The kicker is that our society has done an incredible job of making extremely tasty, high-calorie foods. These foods don't exist in nature and are almost always high processed. It's not secret that if you add salt, fat, and sugar to a product, we are going to want to eat more of it. These ingredients make the food taste better but they also cause us to eat more. By making these foods staples in our diets, you can easily see how we can bypass Mother Nature's built-in "stop eating" mechanism.

This is why I generally recommend natural, unprocessed food to eat. If you buy these types of foods, they are going to be relatively low in calories and also provide a high amount of bulk and nutrients. The bulk (water and fiber) is going to fill you up and cause your hunger mechanism to get switched-off.

How often should you eat? How many meals shoud you have? These are all questions that only you can answer yourself. Just remember, what is most important are the total amount of calories that you eat throughout the course of the day; not how many meals you have.

I have found that I function best by having three large meals a day with three small snacks in between. Breakfast, lunch, and dinner are my large meals and take the longest too eat. Whereas my snacks are usually small portions of nuts, a piece of fruit, or a slice of toast.

The current trend nowadays is to eat every two hours. While I don't do that, some people do and have success at it. Just don't believe that you NEED to do this. The human body is a very adaptive organism and we certainly do not have to adhere to regimented eating times. Do what is convenient for you and stick with it. I will say that eating at very frequent intervals requires packing food with you everwhere you go and also having an atmosphere that will allow you to do such things. Some people may not have jobs that allow this type of schedule. If that is the case, simply eat when it is convenient for you. You have to make your dietary habits convenient for you, otherwise you'll never be able to stick with them. Remember: make it work for you.

Make a commitment to watch your diet for just two weeks. Track your food and calorie intake for just 14 days. Set a goal every day and stick to it. After two weeks you should see a noticeable improvement in how you look. Instead of telling yourself you want to lose thirty pounds, instead say that you wanto to lose four pounds in two week. Set small, achievable goals like that and as Clarence Bass (http://www.cbass.com/) says, "success breeds success." You'll feel a true sense of accomplishment and mastery over your body if you proceed like this.

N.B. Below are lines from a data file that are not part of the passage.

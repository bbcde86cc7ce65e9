-- ===== src/ByteArray/Buffers/Vectors.antt =====
-- src/bytearray.cpp: which bytes the iovecs of getReadBuffers and getWriteBuffers stand for.
use native.Mathlib.Nat.{mod-lt, le_refl, div-add-mod', le-div_iff_mul-le}
use native.Mathlib.Decide.{dec_lt}
use tigerkin.Prelude.{
  ℕ, zero, suc, ◌+◌, ◌-◌, ◌*◌, ◌/◌, ◌%◌, ◌^◌, ◌≤◌, ◌<◌, ◌≡◌, ◌⊎◌, inl, inr, refl, sym, ap, ap₂, ◌∙◌,
  true, false, ◌||◌, none, some, List, [], ◌∷◌, ◌++◌, append-nil, arith, ltb, ◌==◌, if◌then◌else◌,
  length, get_elem?, get_elem?-some, All-get_elem?, IsChunked, concat, slice, slice-concat, ltb→lt,
  ◌&&◌, Bool-cases, le→ltb, lt→ltb,
}
use tigerkin.ByteArray.{ByteArray, returns, ◌>>=◌, ◌>>◌, done, after, walk}
use tigerkin.ByteArray.Invariant.{IsValid, memory, Grown, add_capacity_to-Grows}
use tigerkin.ByteArray.Writing.{index-lt, mod_unique}
use tigerkin.ByteArray.Reading.{join}
use tigerkin.ByteArray.Buffers.{
  Iovec, chain, buffers_loop, int_result, buffers_from, get_read_buffers, get_write_buffers,
}

-- The bytes that an iovec, and that a list of them, stands for.
abbrev pub bytes_at : List (List ℕ) → Iovec → List ℕ
bytes_at nodes v = elim (get_elem? nodes v.node) [
  | none ↦ []
  | some block ↦ slice v.place v.len block
]

abbrev pub gather : List (List ℕ) → List Iovec → List ℕ
gather nodes [] = []
gather nodes (v ∷ vs) = bytes_at nodes v ++ gather nodes vs

abbrev pub lengths : List Iovec → ℕ
lengths [] = 0
lengths (v ∷ vs) = v.len + lengths vs

-- The iovecs stand for the `n` bytes at position `pos` of the memory.
abbrev pub Covers : List (List ℕ) → ℕ → ℕ → List Iovec → Type 0
Covers nodes pos n vs = (gather nodes vs ≡ slice pos n (concat nodes)) × (lengths vs ≡ n)

-- How many of the `n` bytes at `pos` stand before the last block that they reach.
abbrev pub before_last : ℕ → ℕ → ℕ → ℕ
before_last base pos n = (pos + n - 1) / base * base - pos

-- The same without a division, for a sum of the loop that begins in block `cur`.
abbrev Counts : ℕ → ℕ → ℕ → ℕ → ℕ → Type 0
Counts base cur pos n sum =
    ((sum ≡ 0) × (pos + n ≤ (cur + 1) * base))
    ⊎ ((q : ℕ) × (sum + pos ≡ q * base) × (q * base < pos + n) × (pos + n ≤ (q + 1) * base))

div_unique : (base q n : ℕ) → 0 < base → q * base ≤ n → n < (q + 1) * base → n / base ≡ q
div_unique base q n pos le lt =
    let at_least : q ≤ n / base = (le-div_iff_mul-le pos).1 le in
    elim (dec_lt q (n / base)) [
      | yes more ↦
          absurd
            (let over : (q + 1) * base ≤ n = (le-div_iff_mul-le pos).0 (omega arith) in omega arith)
      | no most ↦ omega arith
    ]

Counts-before_last :
    (base cur pos n sum : ℕ)
    → 0 < base
    → 0 < n
    → cur * base ≤ pos
    → Counts base cur pos n sum
    → sum ≡ before_last base pos n
Counts-before_last base cur pos n sum some_base some_bytes le (inl (z, lt)) =
    let d = div_unique base cur (pos + n - 1) some_base (omega arith) (omega arith) in
    rw d (omega arith)
Counts-before_last base cur pos n sum some_base some_bytes le (inr (q, e, lo, hi)) =
    let d = div_unique base q (pos + n - 1) some_base (omega arith) (omega arith) in
    rw d (omega arith)

-- One block more in front of what a later sum counts.
Counts-chain :
    (base cur place rem n sum : ℕ)
    → place + rem ≡ base
    → rem < n
    → Counts base (cur + 1) ((cur + 1) * base + 0) (n - rem) sum
    → Counts base cur (cur * base + place) n (rem + sum)
Counts-chain base cur place rem n sum split lt (inl (z, hi)) =
    inr (cur + 1, omega arith, omega arith, omega arith)
Counts-chain base cur place rem n sum split lt (inr (q, e, lo, hi)) =
    inr (q, omega arith, omega arith, omega arith)

bytes_at-some :
    (nodes : List (List ℕ)) (v : Iovec) (block : List ℕ)
    → get_elem? nodes v.node ≡ some block
    → bytes_at nodes v ≡ slice v.place v.len block
bytes_at-some nodes v block h = rw (h, bytes_at) refl

-- With a round for each byte and enough bytes in the chain, the loop lists them.
buffers_loop-Covers :
    (base fuel : ℕ) (nodes : List (List ℕ)) (cur place rem n : ℕ)
    → IsChunked base nodes
    → place + rem ≡ base
    → 0 < rem
    → cur * base + place + n ≤ length nodes * base
    → n ≤ fuel
    → 0 < n
    → (vs : List Iovec) × (sum : ℕ) × (buffers_loop fuel nodes cur place rem n ≡ done (vs, sum))
      × Covers nodes (cur * base + place) n vs
      × Counts base cur (cur * base + place) n sum
unfolding buffers_loop
buffers_loop-Covers base fuel nodes cur place rem zero h split lt room f pos = absurd (omega arith)
buffers_loop-Covers base zero nodes cur place rem (suc n) h split lt room f pos =
    absurd (omega arith)
buffers_loop-Covers base (suc fuel) nodes cur place rem (suc n) h split lt room f pos =
    let (block, here) =
      get_elem?-some nodes cur (index-lt base cur place (length nodes) (omega arith)) in
    elim (Bool-cases (ltb rem (suc n))) [
      | inr fits ↦
          let v : Iovec = record { node = cur; place = place; len = suc n } in
          (
            v ∷ [],
            0,
            rw (here, buffers_loop)
                (rw fits
                  (ap (λ k. done (v ∷ [], k)) {x = 0 + (suc n - suc n)} {y = 0} (omega arith))),
            (
              append-nil (bytes_at nodes v)
                  ∙ (bytes_at-some nodes v block here
                      ∙ sym
                          (slice-concat base nodes cur place (suc n) block h here (ground arith))),
              omega arith,
            ),
            inl (refl, ground arith),
          )
      | inl more ↦
          let over = ltb→lt _ _ more in
          let (next, there) =
            get_elem?-some nodes (cur + 1)
              (index-lt base (cur + 1) 0 (length nodes) (omega arith)) in
          let full = All-get_elem? (λ c. length c ≡ base) nodes (cur + 1) next h there in
          let (vs, rst, e, (bytes, sum), counts) =
            buffers_loop-Covers base fuel nodes (cur + 1) 0 (length next) (suc n - rem) h
              (omega (arith, full)) (omega (arith, full)) (omega arith) (omega arith)
              (omega arith) in
          let v : Iovec = record { node = cur; place = place; len = rem } in
          (
            v ∷ vs,
            rem + rst,
            rw (here, buffers_loop) (rw more (rw there (ap (chain v) e))),
            (
              ap₂ ◌++◌ (bytes_at-some nodes v block here) bytes
                  ∙ join base nodes cur place rem (suc n) block h here split (omega arith),
              omega (arith, sum),
            ),
            Counts-chain base cur place rem (suc n) rst split over counts,
          )
    ]

-- From a node of the chain on.
buffers_from-Covers :
    (base len node place : ℕ) (nodes : List (List ℕ))
    → IsChunked base nodes
    → place < base
    → node * base + place + len ≤ length nodes * base
    → 0 < len
    → (vs : List Iovec) × (buffers_from len node place nodes
        ≡ done (vs, before_last base (node * base + place) len))
      × Covers nodes (node * base + place) len vs
unfolding buffers_from
buffers_from-Covers base len node place nodes h lt room pos =
    let (block, here) =
      get_elem?-some nodes node (index-lt base node place (length nodes) (omega arith)) in
    let full = All-get_elem? (λ c. length c ≡ base) nodes node block h here in
    let (vs, sum, e, c, counts) =
      buffers_loop-Covers base len nodes node place (length block - place) len h
        (omega (arith, full)) (omega (arith, full)) room (le_refl len) pos in
    let counted =
      Counts-before_last base node (node * base + place) len sum (omega arith) pos (omega arith)
        counts in
    (vs, rw (here, buffers_from) (e ∙ ap (λ k. done (vs, k)) counted), c)

-- Where the iovecs begin: a block too low past the first block.
abbrev pub low : ℕ → ℕ → ℕ
low base offset = if ltb offset base then offset else offset - base

walk_base :
    (q base offset r : ℕ) → r < base → q * base + r ≡ offset → walk q * base + r ≡ low base offset
walk_base zero base offset r lt e =
    let first : ltb offset base ≡ true = lt→ltb _ _ (omega arith) in rw first (omega arith)
walk_base (suc q) base offset r lt e =
    let later : ltb offset base ≡ false = le→ltb _ _ (omega arith) in
    let back : walk (suc q) ≡ q = omega arith in rw (later, back) (omega arith)

-- getReadBuffers.
get_read_buffers-Covers :
    (len offset : ℕ) (b : ByteArray)
    → IsValid b
    → 0 < len
    → offset + len ≤ b.size
    → (vs : List Iovec) × (get_read_buffers len offset b
        ≡ returns (vs, int_result (before_last b.base_size (low b.base_size offset) len)) b)
      × (lengths vs ≡ len)
      × (gather b.nodes vs ≡ slice (low b.base_size offset) len (memory b))
unfolding get_read_buffers
get_read_buffers-Covers len offset b v pos le =
    let base = b.base_size in
    let r = offset % base in
    let node = walk (offset / base) in
    let lt : r < base = mod-lt offset v.base_pos in
    let begins : node * base + r ≡ low base offset =
      walk_base (offset / base) base offset r lt (div-add-mod' offset base) in
    let small : low base offset ≤ offset = ground arith in
    let (vs, e, (bytes, sum)) =
      buffers_from-Covers base len node r b.nodes v.chunked lt
        (omega (arith, begins, small, v.room, v.filled)) pos in
    let ok : (ltb b.size ((offset + len) % 2 ^ 64) || (len == 0)) ≡ false =
      ground (arith, le, pos, v.fits) in
    let nonzero : (base == 0) ≡ false = ground (arith, v.base_pos) in
    (
      vs,
      rw ok (
          rw nonzero (
            ap (λ l. after l (λ r. returns (r.0, int_result r.1) b)) e
            ∙ ap (λ p. returns (vs, int_result (before_last base p len)) b) begins)),
      sum,
      bytes ∙ ap (λ p. slice p len (memory b)) begins,
    )

-- Where the iovecs to write begin: at a block's end, in the block that is full.
abbrev pub behind_edge : ℕ → ℕ → ℕ
behind_edge base offset = if (offset % base == 0) && ltb 0 offset then offset - base else offset

cur_behind :
    (cur base offset : ℕ)
    → 0 < base
    → ((offset ≡ 0) × (cur ≡ 0)) ⊎ (cur * base < offset)
    → offset ≤ (cur + 1) * base
    → cur * base + offset % base ≡ behind_edge base offset
cur_behind cur base offset pos (inl (o, c)) ahead =
    let z = mod_unique offset base 0 0 (omega arith) pos in rw c (ground (arith, z, o))
cur_behind cur base offset pos (inr inside) ahead = elim (dec_lt offset ((cur + 1) * base)) [
  | yes p ↦
      let z = mod_unique offset base cur (offset - cur * base) (omega arith) (omega arith) in
      let open_block : (offset % base == 0) ≡ false = ground (arith, z) in
      rw open_block (omega (arith, z))
  | no q ↦
      let z = mod_unique offset base (cur + 1) 0 (omega arith) pos in
      let edge : (offset % base == 0) ≡ true = ground (arith, z) in
      let later : ltb 0 offset ≡ true = lt→ltb _ _ (omega arith) in
      rw edge (rw later (omega (arith, z)))
]

-- getWriteBuffers.
get_write_buffers-Covers :
    (len : ℕ) (b : ByteArray)
    → IsValid b
    → 0 < len
    → (vs : List Iovec) × (c : ByteArray) × (get_write_buffers len b
        ≡ returns
            (vs, int_result (before_last b.base_size (behind_edge b.base_size b.offset) len))
            c)
      × (lengths vs ≡ len)
      × IsValid c
      × Grown b c
      × (gather c.nodes vs ≡ slice (behind_edge b.base_size b.offset) len (memory c))
unfolding get_write_buffers
get_write_buffers-Covers len b v pos =
    let (c, grown, g, w, room) = add_capacity_to-Grows (b.offset + len) v in
    let base = c.base_size in
    let r = c.offset % base in
    let begins : c.cur * base + r ≡ behind_edge base c.offset =
      cur_behind c.cur base c.offset w.base_pos w.behind w.ahead in
    let small : behind_edge base c.offset ≤ c.offset = ground arith in
    let (vs, e, (bytes, sum)) =
      buffers_from-Covers base len c.cur r c.nodes w.chunked (mod-lt c.offset w.base_pos)
        (omega (arith, begins, small, w.filled, room, g.offset_eq)) pos in
    let some_bytes : (len == 0) ≡ false = ground (arith, pos) in
    let nonzero : (base == 0) ≡ false = ground (arith, w.base_pos) in
    (
      vs,
      c,
      rw some_bytes (
          rw (grown, ◌>>◌, ◌>>=◌)
            (rw nonzero (
              ap (λ l. after l (λ r. returns (r.0, int_result r.1) c)) e
              ∙ ap₂ (λ k p. returns (vs, int_result (before_last k p len)) c) g.base_eq
                  (begins ∙ ap₂ behind_edge g.base_eq g.offset_eq)))),
      sum,
      w,
      g,
      bytes ∙ ap (λ p. slice p len (memory c)) (begins ∙ ap₂ behind_edge g.base_eq g.offset_eq),
    )

-- In a valid array, for at least one byte and an offset at least that far from the end,
-- getReadBuffers gives iovecs for the bytes of the memory at the offset if that is in the first
-- block, and at one block below it otherwise. getWriteBuffers keeps the array valid, grows it
-- where it must, and gives iovecs for the bytes at the array's offset, but at one block below it
-- where the offset is at the end of a block. The iovecs have as many bytes as were asked for,
-- but both calls give as an int only how many of these bytes stand before the last block that
-- they reach.
pub get_buffers-Covers :
    (len offset : ℕ) (b : ByteArray)
    → IsValid b
    → 0 < len
    → offset + len ≤ b.size
    → ((vs : List Iovec) × (get_read_buffers len offset b
          ≡ returns (vs, int_result (before_last b.base_size (low b.base_size offset) len)) b)
        × (lengths vs ≡ len)
        × (gather b.nodes vs ≡ slice (low b.base_size offset) len (memory b)))
      × ((vs : List Iovec) × (c : ByteArray) × (get_write_buffers len b
            ≡ returns
                (vs, int_result (before_last b.base_size (behind_edge b.base_size b.offset) len))
                c)
          × (lengths vs ≡ len)
          × IsValid c
          × Grown b c
          × (gather c.nodes vs ≡ slice (behind_edge b.base_size b.offset) len (memory c)))
get_buffers-Covers len offset b v pos le =
    (get_read_buffers-Covers len offset b v pos le, get_write_buffers-Covers len b v pos)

Just as you can't gain much fat in one day, you can't lose much either. If you're trying to lose bodyfat, you have to accept that you're in this for the long haul and that this has to be a lifestyle that you follow. Don't be one of the countless victims that diet down in one or two months only to regain all of the weight, and then some, months later. Go slow. Go Steady. Set small, reasonable goals...and then achieve them!

While it may be tempting to go home at night and sit on the couch and eat, think about the reality of the situation: does eating really make you happy or do you feel depressed and guilty afterwards? At your current rate, what will your health and appearance be like in five years from now? Will you suffer from a shorter life-span and poorer quality-of-life because of your eating habits? Will you be around to see your grandchildren?

I'm not sure who said it but I believe in the old adage of, "Nothing tastes as good as looking good feels." If that saying doesn't make sense to you, hopefully it will soon.